If a triangle is inscribed inside a circle, where one side of the triangle is the diameter of the circle, then the angle opposite to that side is a right angle. The converse of this is also true. \(_\square\)

There are many ways to prove this theorem. One of the most classic proofs is as follows:

We know \(AO=BO=CO\) as all of them are the radii of the circle.

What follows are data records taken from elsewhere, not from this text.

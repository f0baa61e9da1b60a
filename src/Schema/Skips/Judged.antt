-- ===== src/Schema/Skips/Judged.antt =====
-- The test of `remove_skipped_selection` in src/schema.rs answers whether a selection is excluded.
use mathlib.Core.List.{Memᴰ}
use async_graphql.Prelude.{
  List, [], ◌∷◌, Text, codes, text_discrete, text_eq, Bool, true, false, Option, none, some,
  some-injective, ◌≡◌, ◌≢◌, refl, sym, ◌∙◌, ap, subst, ◌⊎◌, inl, inr, Bool-cases, Option-cases,
}
use async_graphql.Value.{ConstValue, Value}
use async_graphql.Document.{Directive, find_argument, get_argument}
use async_graphql.Schema.Skips.{include_of, condition_value, is_skipped}
use async_graphql.Schema.Skips.Excluded.{
  FirstArgument, Truth, Excludes, skips, includes_not, Excluded, text_ne,
  FirstArgument-find_argument, find_argument-FirstArgument, condition_value-Truth,
  Truth-condition_value,
}

skip_ne_include : codes "skip" ≢ codes "include"
skip_ne_include e = cc

include_of-skip : (name : Text) → name ≡ codes "skip" → include_of name ≡ some false
unfolding include_of text_eq
include_of-skip name e = ap include_of e

include_of-include : (name : Text) → name ≡ codes "include" → include_of name ≡ some true
unfolding include_of text_eq
include_of-include name e = ap include_of e

module _ {Number : Type 0} (variables : List (Text × ConstValue Number)) where
  -- What one directive does to the test of a list.
  Judged : Directive Number → List (Directive Number) → Type 0
  Judged directive directives =
      (Excludes variables directive × (is_skipped variables (directive ∷ directives) ≡ true))
      ⊎ (¬ Excludes variables directive
          × (is_skipped variables (directive ∷ directives) ≡ is_skipped variables directives))

  -- A directive that is neither `@skip` nor `@include` excludes nothing.
  judge_other :
      (directive : Directive Number) (directives : List (Directive Number))
      → directive.name ≢ codes "skip"
      → directive.name ≢ codes "include"
      → Judged directive directives
  unfolding Judged is_skipped include_of
  judge_other directive directives no_skip no_include = inr (
    λ excludes. elim excludes [
      | skips e first true_here ↦ no_skip e
      | includes_not e first not_true ↦ no_include e
    ],
    rw
        (
          text_ne directive.name (codes "skip") no_skip,
          is_skipped,
          text_ne directive.name (codes "include") no_include,
          is_skipped,
        )
        refl,
  )

  -- So does one without a condition.
  judge_bare :
      (directive : Directive Number) (directives : List (Directive Number)) (include : Bool)
      → include_of directive.name ≡ some include
      → find_argument (codes "if") directive.arguments ≡ none
      → Judged directive directives
  unfolding Judged is_skipped get_argument
  judge_bare directive directives include e none_there = inr (
    λ excludes. elim excludes [
      | skips e' first true_here ↦
          clash none_there (FirstArgument-find_argument _ _ directive.arguments first)
      | includes_not e' first not_true ↦
          clash none_there (FirstArgument-find_argument _ _ directive.arguments first)
    ],
    rw (e, is_skipped, none_there, is_skipped) refl,
  )
    where
      clash : {o : Option (Value Number)} {v : Value Number} → o ≡ none → o ≡ some v → ⊥
      clash e f = cc

  -- The condition that a directive has is the only one.
  same_condition :
      (directive : Directive Number) (condition other : Value Number)
      → find_argument (codes "if") directive.arguments ≡ some condition
      → FirstArgument (codes "if") other directive.arguments
      → other ≡ condition
  same_condition directive condition other e first =
      some-injective other condition
        (sym (FirstArgument-find_argument (codes "if") other directive.arguments first) ∙ e)

  judge_skip :
      (directive : Directive Number) (directives : List (Directive Number))
      → (condition : Value Number) → directive.name ≡ codes "skip"
      → find_argument (codes "if") directive.arguments ≡ some condition
      → Judged directive directives
  unfolding Judged is_skipped get_argument
  judge_skip directive directives condition name e =
      elim (Bool-cases (condition_value variables condition)) [
        | inl holds ↦ inl (
          skips name (find_argument-FirstArgument (codes "if") condition directive.arguments e)
              (condition_value-Truth variables condition holds),
          rw (include_of-skip directive.name name, is_skipped, e, is_skipped, holds, is_skipped)
              refl,
        )
        | inr fails ↦ inr (
          λ excludes. elim excludes [
            | skips {condition = other} name' first true_here ↦ cc (
              fails,
              Truth-condition_value variables condition (
                  subst (Truth variables) (same_condition directive condition other e first)
                    true_here),
            )
            | includes_not name' first not_true ↦ skip_ne_include (sym name ∙ name')
          ],
          rw (include_of-skip directive.name name, is_skipped, e, is_skipped, fails, is_skipped)
              refl,
        )
      ]

  judge_include :
      (directive : Directive Number) (directives : List (Directive Number))
      → (condition : Value Number) → directive.name ≡ codes "include"
      → find_argument (codes "if") directive.arguments ≡ some condition
      → Judged directive directives
  unfolding Judged is_skipped get_argument
  judge_include directive directives condition name e =
      elim (Bool-cases (condition_value variables condition)) [
        | inr fails ↦ inl (
          includes_not name
              (find_argument-FirstArgument (codes "if") condition directive.arguments e)
              (λ holds. cc (fails, Truth-condition_value variables condition holds)),
          rw (include_of-include directive.name name, is_skipped, e, is_skipped, fails, is_skipped)
              refl,
        )
        | inl holds ↦ inr (
          λ excludes. elim excludes [
            | skips name' first true_here ↦ skip_ne_include (sym name' ∙ name)
            | includes_not {condition = other} name' first not_true ↦ not_true (
                subst (Truth variables) (sym (same_condition directive condition other e first))
                  (condition_value-Truth variables condition holds))
          ],
          rw (include_of-include directive.name name, is_skipped, e, is_skipped, holds, is_skipped)
              refl,
        )
      ]

  judge :
      (directive : Directive Number) (directives : List (Directive Number))
      → Judged directive directives
  judge directive directives = elim (text_discrete directive.name (codes "skip")) [
    | yes name ↦ elim (Option-cases (find_argument (codes "if") directive.arguments)) [
      | inl e ↦ judge_bare directive directives false (include_of-skip directive.name name) e
      | inr (condition, e) ↦ judge_skip directive directives condition name e
    ]
    | no no_skip ↦ elim (text_discrete directive.name (codes "include")) [
      | no no_include ↦ judge_other directive directives no_skip no_include
      | yes name ↦ elim (Option-cases (find_argument (codes "if") directive.arguments)) [
        | inl e ↦ judge_bare directive directives true (include_of-include directive.name name) e
        | inr (condition, e) ↦ judge_include directive directives condition name e
      ]
    ]
  ]

  pub is_skipped_sound :
      (directives : List (Directive Number))
      → is_skipped variables directives ≡ true
      → Excluded variables directives
  unfolding is_skipped Judged
  is_skipped_sound [] h = cc
  is_skipped_sound (directive ∷ directives) h = elim (judge directive directives) [
    | inl (excludes, e) ↦ (directive, Memᴰ.head refl, excludes)
    | inr (passes, e) ↦
        let (other, listed, excludes) = is_skipped_sound directives (sym e ∙ h) in
        (other, Memᴰ.tail listed, excludes)
  ]

  pub is_skipped_complete :
      (directives : List (Directive Number)) (directive : Directive Number)
      → Memᴰ directive directives
      → Excludes variables directive
      → is_skipped variables directives ≡ true
  unfolding is_skipped Judged
  is_skipped_complete [] directive listed excludes = elim listed [ ]
  is_skipped_complete (first ∷ directives) directive (Memᴰ.head e) excludes =
      elim (judge first directives) [
        | inl (excludes', e') ↦ e'
        | inr (passes, e') ↦ absurd (passes (subst (Excludes variables) e excludes))
      ]
  is_skipped_complete (first ∷ directives) directive (Memᴰ.tail listed) excludes =
      let later = is_skipped_complete directives directive listed excludes in
      elim (judge first directives) [ inl (excludes', e') ↦ e' | inr (passes, e') ↦ e' ∙ later ]
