-- ===== src/Schema/Skips/Kept.antt =====
-- What `remove_skipped_selection` of src/schema.rs makes of a selection set.
use async_graphql.Prelude.{
  List, [], ◌∷◌, Text, codes, text_discrete, text_eq_iff, true, false, ◌≡◌, refl, sym, ◌∙◌, ap,
  subst, ◌↔◌, inl, inr, keep, arith, Bool-cases,
}
use async_graphql.Value.{ConstValue}
use async_graphql.Document.{
  Directive, Selection, SelectionSet, Selections, field, fragment_spread, inline_fragment,
  selection_set, nil, cons,
}
use async_graphql.Schema.Skips.{
  is_other, is_skipped, directives_of, remove_skipped_selection, retain_items, enter_item,
}
use async_graphql.Schema.Skips.Excluded.{Excluded, text_ne}
use async_graphql.Schema.Skips.Judged.{is_skipped_sound, is_skipped_complete}
use async_graphql.Schema.Skips.Left.{
  Conditional, Stripped, stripped_all, drops, stays, carried, LeftSet, left_set, LeftItems,
  left_nil, excluded, left_cons, LeftItem, left_field, left_spread, left_inline,
}

module _ {Number : Type 0} where
  is_other-Conditional :
      (directive : Directive Number) → is_other directive ≡ false → Conditional directive
  unfolding is_other
  is_other-Conditional directive h = elim (text_discrete directive.name (codes "skip")) [
    | yes e ↦ inl e
    | no ne ↦ elim (text_discrete directive.name (codes "include")) [
      | yes e ↦ inr e
      | no ne' ↦ absurd (
          ground (
            arith,
            h,
            text_ne directive.name (codes "skip") ne,
            text_ne directive.name (codes "include") ne',
          ))
    ]
  ]

  Conditional-is_other :
      (directive : Directive Number) → is_other directive ≡ true → ¬ Conditional directive
  unfolding is_other
  Conditional-is_other directive h (inl e) =
      ground (arith, h, (text_eq_iff directive.name (codes "skip")).1 e)
  Conditional-is_other directive h (inr e) =
      ground (arith, h, (text_eq_iff directive.name (codes "include")).1 e)

  -- The second `retain` strips a list of directives, and only so can it be stripped.
  keep-Stripped :
      (directives : List (Directive Number)) → Stripped directives (keep is_other directives)
  unfolding keep
  keep-Stripped [] = stripped_all
  keep-Stripped (directive ∷ directives) = elim (Bool-cases (is_other directive)) [
    | inl other ↦
        rw (other, keep) (stays (Conditional-is_other directive other) (keep-Stripped directives))
    | inr own ↦
        rw (own, keep) (drops (is_other-Conditional directive own) (keep-Stripped directives))
  ]

  Stripped-keep :
      (directives left : List (Directive Number))
      → Stripped directives left
      → keep is_other directives ≡ left
  unfolding keep
  Stripped-keep directives left stripped_all = refl
  Stripped-keep directives left (drops {directive} {directives = others} conditional rest) =
      elim (Bool-cases (is_other directive)) [
        | inl other ↦ absurd (Conditional-is_other directive other conditional)
        | inr own ↦ rw (own, keep) (Stripped-keep others left rest)
      ]
  Stripped-keep directives left (stays {directive} {directives = others} {left = kept} plain rest) =
      elim (Bool-cases (is_other directive)) [
        | inl other ↦ rw (other, keep) (ap (λ ds. directive ∷ ds) (Stripped-keep others kept rest))
        | inr own ↦ absurd (plain (is_other-Conditional directive own))
      ]

module _ {Number : Type 0} (variables : List (Text × ConstValue Number)) where
  carried-is_skipped :
      (selection : Selection Number)
      → is_skipped variables (carried selection)
        ≡ is_skipped variables (directives_of variables selection)
  carried-is_skipped (field node set) = refl
  carried-is_skipped (fragment_spread node) = refl
  carried-is_skipped (inline_fragment node set) = refl

  is_skipped-not-Excluded :
      (selection : Selection Number)
      → is_skipped variables (directives_of variables selection) ≡ false
      → ¬ Excluded variables (carried selection)
  is_skipped-not-Excluded selection h (directive, listed, excludes) = cc (
    h,
    carried-is_skipped selection,
    is_skipped_complete variables (carried selection) directive listed excludes,
  )

  mutual
    unfolding remove_skipped_selection

    set-Left :
        (set : SelectionSet Number) → LeftSet variables set (remove_skipped_selection variables set)
    set-Left (selection_set pos selections) = left_set (items-Left selections)

    items-Left :
        (selections : Selections Number)
        → LeftItems variables selections (retain_items variables selections)
    items-Left nil = left_nil
    items-Left (cons selection selections) =
        elim (Bool-cases (is_skipped variables (directives_of variables selection))) [
          | inl skipped ↦ rw skipped (
              excluded
                (is_skipped_sound variables (carried selection)
                  (carried-is_skipped selection ∙ skipped))
                (items-Left selections))
          | inr kept ↦ rw kept (
              left_cons (is_skipped-not-Excluded selection kept) (item-Left selection)
                (items-Left selections))
        ]

    item-Left :
        (selection : Selection Number)
        → LeftItem variables selection (enter_item variables selection)
    item-Left (field node set) = left_field (keep-Stripped node.directives) (set-Left set)
    item-Left (fragment_spread node) = left_spread (keep-Stripped node.directives)
    item-Left (inline_fragment node set) =
        left_inline (keep-Stripped node.directives) (set-Left set)

  is_skipped-Excluded :
      (selection : Selection Number)
      → Excluded variables (carried selection)
      → is_skipped variables (directives_of variables selection) ≡ true
  is_skipped-Excluded selection (directive, listed, excludes) =
      sym (carried-is_skipped selection)
      ∙ is_skipped_complete variables (carried selection) directive listed excludes

  mutual
    unfolding remove_skipped_selection

    Left-set :
        (set left : SelectionSet Number)
        → LeftSet variables set left
        → remove_skipped_selection variables set ≡ left
    Left-set set left (left_set {pos} {selections} {left = items} h) =
        ap (selection_set pos) (Left-items selections items h)

    Left-items :
        (selections left : Selections Number)
        → LeftItems variables selections left
        → retain_items variables selections ≡ left
    Left-items selections left left_nil = refl
    Left-items selections left (excluded {selection} {selections = others} h rest) =
        rw (is_skipped-Excluded selection h) (Left-items others left rest)
    Left-items selections left
          (left_cons {selection} {kept} {selections = others} {left = items} h item rest) =
        elim (Bool-cases (is_skipped variables (directives_of variables selection))) [
          | inl skipped ↦ absurd (
              h (
                is_skipped_sound variables (carried selection)
                  (carried-is_skipped selection ∙ skipped)))
          | inr stays_here ↦
              rw (stays_here, Left-item selection kept item, Left-items others items rest) refl
        ]

    Left-item :
        (selection left : Selection Number)
        → LeftItem variables selection left
        → enter_item variables selection ≡ left
    Left-item selection left (left_field {node} {directives} {set} {left = inner} h rest) =
        rw (Stripped-keep node.directives directives h, Left-set set inner rest) refl
    Left-item selection left (left_spread {node} {directives} h) =
        rw (Stripped-keep node.directives directives h) refl
    Left-item selection left (left_inline {node} {directives} {set} {left = inner} h rest) =
        rw (Stripped-keep node.directives directives h, Left-set set inner rest) refl

  -- What `remove_skipped_selection` makes of a selection set is exactly what is left of it: in
  -- order, the selections at which there is no `@skip` whose condition is true and no `@include`
  -- whose condition is not true, a variable being true only if the request gives it this value; each
  -- without its directives `@skip` and `@include`, and a field or inline fragment with what is left
  -- of its own selection set.
  pub remove_skipped_selection_iff :
      (set left : SelectionSet Number)
      → (remove_skipped_selection variables set ≡ left) ↔ LeftSet variables set left
  remove_skipped_selection_iff set left =
      (λ e. subst (LeftSet variables set) e (set-Left set), Left-set set left)
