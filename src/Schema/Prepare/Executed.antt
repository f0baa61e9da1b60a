-- ===== src/Schema/Prepare/Executed.antt =====
-- What `prepare_request` of src/schema.rs hands to the execution: the operation and the fragments,
-- without what the request's variables skip.
use async_graphql.Prelude.{List, [], ◌∷◌, Text, Option, ◌≡◌, refl, sym, ◌∙◌, ap, subst, ◌↔◌}
use async_graphql.Value.{ConstValue}
use async_graphql.Document.{
  OperationDefinition, SelectionSet, FragmentDefinition, ExecutableDocument,
}
use async_graphql.Schema.Skips.{remove_skipped_selection}
use async_graphql.Schema.Skips.Left.{LeftSet}
use async_graphql.Schema.Skips.Kept.{remove_skipped_selection_iff}
use async_graphql.Schema.Prepare.{Request, QueryEnv, skip_fragments, query_env}

-- The fragments of a document, each with what is left of its selection set.
pub data LeftFragments {Number : Type 0} (variables : List (Text × ConstValue Number))
    : List (Text × FragmentDefinition Number)
      → List (Text × FragmentDefinition Number)
      → Type 0 where
  no_fragments : LeftFragments variables [] []
  left_fragment :
      {name : Text} {fragment : FragmentDefinition Number} {set : SelectionSet Number}
      {fragments left : List (Text × FragmentDefinition Number)}
      → LeftSet variables fragment.set set
      → LeftFragments variables fragments left
      → LeftFragments variables
          ((name, fragment) ∷ fragments)
          ((name, record fragment { set = set }) ∷ left)

-- What is executed: the request's variables and the chosen operation, with what is left of its
-- selection set, and the document's fragments.
pub record Executes {Number Validation : Type 0} (request : Request Number)
    (doc : ExecutableDocument Number) (validation : Validation)
    (chosen : Option Text × OperationDefinition Number) (env : QueryEnv Number Validation)
    : Type 0 where
  pub same_variables : env.variables ≡ request.variables
  pub same_name : env.operation_name ≡ chosen.0
  pub same_operation : env.operation ≡ record chosen.1 { set = env.operation.set }
  pub left_selections : LeftSet request.variables chosen.1.set env.operation.set
  pub left_fragments : LeftFragments request.variables doc.fragments env.fragments
  pub same_validation : env.validation ≡ validation

module _ {Number : Type 0} (variables : List (Text × ConstValue Number)) where
  set-Left :
      (set : SelectionSet Number) → LeftSet variables set (remove_skipped_selection variables set)
  set-Left set =
      (remove_skipped_selection_iff variables set (remove_skipped_selection variables set)).0 refl

  fragments-Left :
      (fragments : List (Text × FragmentDefinition Number))
      → LeftFragments variables fragments (skip_fragments variables fragments)
  unfolding skip_fragments
  fragments-Left [] = no_fragments
  fragments-Left ((name, fragment) ∷ fragments) =
      left_fragment (set-Left fragment.set) (fragments-Left fragments)

  Left-fragments :
      (fragments left : List (Text × FragmentDefinition Number))
      → LeftFragments variables fragments left
      → skip_fragments variables fragments ≡ left
  unfolding skip_fragments
  Left-fragments fragments left no_fragments = refl
  Left-fragments fragments left
        (left_fragment {name} {fragment} {set} {fragments = others} {left = kept} h rest) =
      let same = (remove_skipped_selection_iff variables fragment.set set).1 h in
      let later = Left-fragments others kept rest in
      λ i. (name, record fragment { set = same i }) ∷ later i

-- `query_env` is what is executed.
pub query_env-Executes :
    {Number Validation : Type 0} (request : Request Number) (doc : ExecutableDocument Number)
    (validation : Validation) (chosen : Option Text × OperationDefinition Number)
    (env : QueryEnv Number Validation)
    → (query_env request doc validation chosen ≡ env) ↔ Executes request doc validation chosen env
unfolding query_env
query_env-Executes request doc validation chosen env = (
  λ e. subst (Executes request doc validation chosen) e (record {
    same_variables = refl;
    same_name = refl;
    same_operation = refl;
    left_selections = set-Left request.variables chosen.1.set;
    left_fragments = fragments-Left request.variables doc.fragments;
    same_validation = refl;
  }),
  λ h.
      let same_set =
        (remove_skipped_selection_iff request.variables chosen.1.set env.operation.set).1
          h.left_selections in
      let same_operation = ap (λ s. record chosen.1 { set = s }) same_set ∙ sym h.same_operation in
      let same_fragments =
        Left-fragments request.variables doc.fragments env.fragments h.left_fragments in
      λ i. record {
        variables = sym h.same_variables i;
        operation_name = sym h.same_name i;
        operation = same_operation i;
        fragments = same_fragments i;
        validation = sym h.same_validation i;
      },
)
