-- ===== src/Schema/Prepare/Selects.antt =====
-- What `prepare_request` of src/schema.rs asks of a document: that the request brings it, that it keeps
-- the limits, and that it passes the rules and has the operation that the request asks for.
use async_graphql.Prelude.{
  ℕ, List, Text, Option, none, some, ◌≡◌, refl, sym, ◌∙◌, ap, ◌↔◌, ◌⊎◌, inl, inr, Result, ok, err,
  ◌>>=◌, ok-injective, Option-cases, some-injective, >>=-eq-ok_iff,
}
use async_graphql.Value.{ConstValue}
use async_graphql.Document.{OperationDefinition, ExecutableDocument, operation_sets}
use async_graphql.Schema.Limits.{ServerError, check_recursive_depth, check_limits}
use async_graphql.Schema.Limits.Decides.{Decides, AllOperations}
use async_graphql.Schema.Limits.Depth.{Fits}
use async_graphql.Schema.Limits.Correct.{
  KeepsLimits, check_recursive_depth-Decides, check_limits-Decides,
}
use async_graphql.Schema.Prepare.{
  Request, QueryEnv, select_operation, query_env, Outside, document_of, after_parse,
}
use async_graphql.Schema.Prepare.Chosen.{Chosen, select_operation-Chosen}
use async_graphql.Schema.Prepare.Executed.{Executes, query_env-Executes}

module _ {Number : Type 0} (doc : ExecutableDocument Number) (max_depth : ℕ) where
  -- What the limits ask for; that of the directives may be missing.
  abbrev pub InLimits : Option ℕ → Type 0
  InLimits none = AllOperations (λ set. Fits doc max_depth set 0) (operation_sets doc)
  InLimits (some limit) = KeepsLimits doc max_depth limit

  without_limit :
      (r : Result ServerError (Unit {0}))
      → check_recursive_depth doc max_depth ≡ some r
      → (r ≡ ok tt) ↔ InLimits none
      → Decides (check_limits doc max_depth none) (InLimits none)
  unfolding check_limits
  without_limit (err e) run iff = (err e, rw (run, check_limits) refl, iff)
  without_limit (ok tt) run iff = (ok tt, rw (run, check_limits) refl, iff)

  pub check_limits-InLimits :
      (limit : Option ℕ) → Decides (check_limits doc max_depth limit) (InLimits limit)
  check_limits-InLimits (some limit) = check_limits-Decides doc max_depth limit
  check_limits-InLimits none =
      let (r, run, iff) = check_recursive_depth-Decides doc max_depth in without_limit r run iff

-- The document of a request: the one that it brings, or else that of its text.
abbrev pub Brings :
    {Number Validation : Type 0}
    → Outside Number Validation
    → Request Number
    → ExecutableDocument Number
    → Type 0
Brings outside request doc =
    (request.parsed_query ≡ some doc)
    ⊎ ((request.parsed_query ≡ none) × (outside.parse_query request.query ≡ ok doc))

-- The hooks of the extensions may fail, but they make no document and no result of their own.
pub record Passes {Number Validation : Type 0} (outside : Outside Number Validation) : Type 0 where
  pub parse_passes :
      (query : Text) (variables : List (Text × ConstValue Number))
      → (parsed : Result ServerError (ExecutableDocument Number)) (doc : ExecutableDocument Number)
      → outside.around_parse query variables parsed ≡ ok doc
      → parsed ≡ ok doc
  pub validation_passes :
      (result : Result (List ServerError) Validation) (validation : Validation)
      → outside.around_validation result ≡ ok validation
      → result ≡ ok validation

module _ {Number Validation : Type 0} (outside : Outside Number Validation) where
  -- A document passes the rules and the hook around them, and it has the operation that the request
  -- asks for, which is executed.
  abbrev pub Selects :
      Request Number → ExecutableDocument Number → QueryEnv Number Validation → Type 0
  Selects request doc env =
      (validation : Validation) × (chosen : Option Text × OperationDefinition Number)
      × (outside.check_rules doc request.variables ≡ ok validation)
      × (outside.around_validation (ok validation) ≡ ok validation)
      × Chosen doc.operations request.operation_name chosen
      × Executes request doc validation chosen env

  pub document_of-Brings :
      (request : Request Number) (doc : ExecutableDocument Number)
      → (document_of outside request ≡ ok doc) ↔ Brings outside request doc
  unfolding document_of
  document_of-Brings request doc = elim (Option-cases request.parsed_query) [
    | inl e ↦ (
      λ h. inr (e, sym (rw (e, document_of) refl) ∙ h),
      λ brings. elim brings [
        | inl e' ↦ missing e e'
        | inr (e', parses) ↦ rw (e, document_of) parses
      ],
    )
    | inr (own, e) ↦ (
      λ h. inl (e ∙ ap some (ok-injective (sym (taken own e) ∙ h))),
      λ brings. elim brings [
        | inl e' ↦ taken own e ∙ ap ok (some-injective own doc (sym e ∙ e'))
        | inr (e', parses) ↦ missing e' e
      ],
    )
  ]
    where
      missing :
          {B : Type 0} {o : Option (ExecutableDocument Number)} {d : ExecutableDocument Number}
          → o ≡ none
          → o ≡ some d
          → B
      missing e f = cc

      taken :
          (own : ExecutableDocument Number)
          → request.parsed_query ≡ some own
          → document_of outside request ≡ ok own
      taken own e = rw (e, document_of) refl

  -- A hook that is passed.
  pub passed :
      {E A : Type 0} (hook : Result E A → Result E A)
      → ((r : Result E A) (a : A) → hook r ≡ ok a → r ≡ ok a)
      → (r : Result E A) (a : A) → (hook r ≡ ok a) ↔ ((r ≡ ok a) × (hook (ok a) ≡ ok a))
  passed hook passes r a =
      (λ h. let e = passes r a h in (e, ap hook (sym e) ∙ h), λ (e, h). ap hook e ∙ h)

  pub after_parse-Selects :
      Passes outside
      → (request : Request Number) (doc : ExecutableDocument Number)
      → (env : QueryEnv Number Validation)
      → (after_parse outside request doc ≡ ok env) ↔ Selects request doc env
  unfolding after_parse
  after_parse-Selects passes request doc env =
      let finish : Validation
          → Option Text × OperationDefinition Number
          → Result (List ServerError) (QueryEnv Number Validation) =
        λ validation chosen. ok (query_env request doc validation chosen) in
      let select = select_operation request.operation_name doc.operations in
      let checked = outside.check_rules doc request.variables in
      let rules =
        >>=-eq-ok_iff (outside.around_validation checked) (λ v. select >>= finish v) env in
      (
        λ h.
            let (validation, valid, more) = rules.0 h in
            let (chosen, selected, same) = (>>=-eq-ok_iff select (finish validation) env).0 more in
            let (checks, hook) =
              (passed outside.around_validation passes.validation_passes checked validation).0
                valid in
            (
              validation,
              chosen,
              checks,
              hook,
              (select_operation-Chosen request.operation_name doc.operations chosen).0 selected,
              (query_env-Executes request doc validation chosen env).0 (ok-injective same),
            ),
        λ (validation, chosen, checks, hook, asked, executes). rules.1 (
          validation,
          (passed outside.around_validation passes.validation_passes checked validation).1
              (checks, hook),
          (>>=-eq-ok_iff select (finish validation) env).1 (
            chosen,
            (select_operation-Chosen request.operation_name doc.operations chosen).1 asked,
            ap ok ((query_env-Executes request doc validation chosen env).1 executes),
          ),
        ),
      )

Hence, \(\angle OAB=\angle OBA\) and \(\angle OBC=\angle OCB\) because angles opposite to equal sides are equal.

Let \[\begin{align} \angle OAB&=\angle OBA=\alpha \\ \angle OBC&=\angle OCB=\beta. \end{align}\] Then we have \[\begin{align} \angle ABC + \angle BCA + \angle CAB &=180^\circ \\ \angle OAB+(\angle OBA+\angle OBC)+\angle OCB&=180^\circ \\ \alpha+(\alpha+\beta)+\beta&=180^\circ \\ \alpha+\beta&=90^\circ \\ \angle ABC&= 90^\circ.\ _\square \end{align}\]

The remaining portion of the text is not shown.